Exercise goal:
Reproduce only the top of the records, down to and including the line containing "-- The handshake".

● ● ● ●

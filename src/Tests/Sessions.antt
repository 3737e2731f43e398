-- ===== src/Tests/Sessions.antt =====
-- The handshake and the gate of core/handshake.ts and core/runtimeGate.ts at concrete inputs.
use axtp_ts_runtime.Common.{ℕ, List, [], ◌∷◌, some, none, true, false, ◌≡◌, refl}
use axtp_ts_runtime.Model.Rpc.{RpcMessage, identify, identified, request}
use axtp_ts_runtime.Handshake.{
  Handshake, client, server, app_ready, new_handshake, start_hello, no_result, handle, generate_sid,
  sid_invalid, classify_inbound, business,
}
use axtp_ts_runtime.Handshake.Sid.{handle_all, business_has_sid}
use axtp_ts_runtime.Handshake.Agreement.{handshake_agrees}

abbrev client_end : Handshake
client_end = new_handshake client 5 (some (b'f' ∷ []))

abbrev server_end : Handshake
server_end = new_handshake server 0x10 none

run_sid : generate_sid 0x1f server_end ≡ b'0' ∷ b'0' ∷ b'0' ∷ b'0' ∷ b'0' ∷ b'0' ∷ b'0' ∷ b'f' ∷ []
unfolding generate_sid
run_sid = refl

handshake_agrees_example :
    let sid = generate_sid 1 server_end in
    let step₁ = handle {J = ℕ} 0 start_hello client_end in
    let step₂ = handle {J = ℕ} 3 (identify [] 1 client_end.event_masks) server_end in
    let step₃ = handle {J = ℕ} 3 (identified sid) step₁.0 in
    (step₁.1 ≡ record no_result { outbound = some (identify [] 1 client_end.event_masks) })
    × (step₂.1 ≡ record { outbound = some (identified sid); became_ready = true; error = none })
    × (step₃.1 ≡ record no_result { became_ready = true })
    × (step₂.0.state ≡ app_ready)
    × (step₃.0.state ≡ app_ready)
    × (step₂.0.sid ≡ sid)
    × (step₃.0.sid ≡ sid)
    × (step₂.0.event_masks ≡ client_end.event_masks)
handshake_agrees_example = handshake_agrees client_end server_end 0 3 refl refl

-- The server after an Identify, and a request.
abbrev identified_run : List (ℕ × RpcMessage ℕ)
identified_run = (0, identify [] 9 none) ∷ []

abbrev a_request : RpcMessage ℕ
a_request = request [] 1 [] 0

request_passes :
    classify_inbound {J = ℕ}
      (handle_all identified_run (new_handshake server 0x10 none)).state
      a_request
    ≡ business
unfolding classify_inbound handle_all handle
request_passes = refl

business_has_sid_example :
    let h = handle_all identified_run (new_handshake server 0x10 none) in
    (h.state ≡ app_ready) × (sid_invalid h.sid ≡ false)
business_has_sid_example = business_has_sid server 0x10 none identified_run a_request request_passes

● ● ● ●

Output below:
filename src/Tests/Sessions.antt
repository 3737e2731f43e398
-- ===== src/Tests/Sessions.antt =====
-- The handshake and the gate of core/handshake.ts and core/runtimeGate.ts at concrete inputs.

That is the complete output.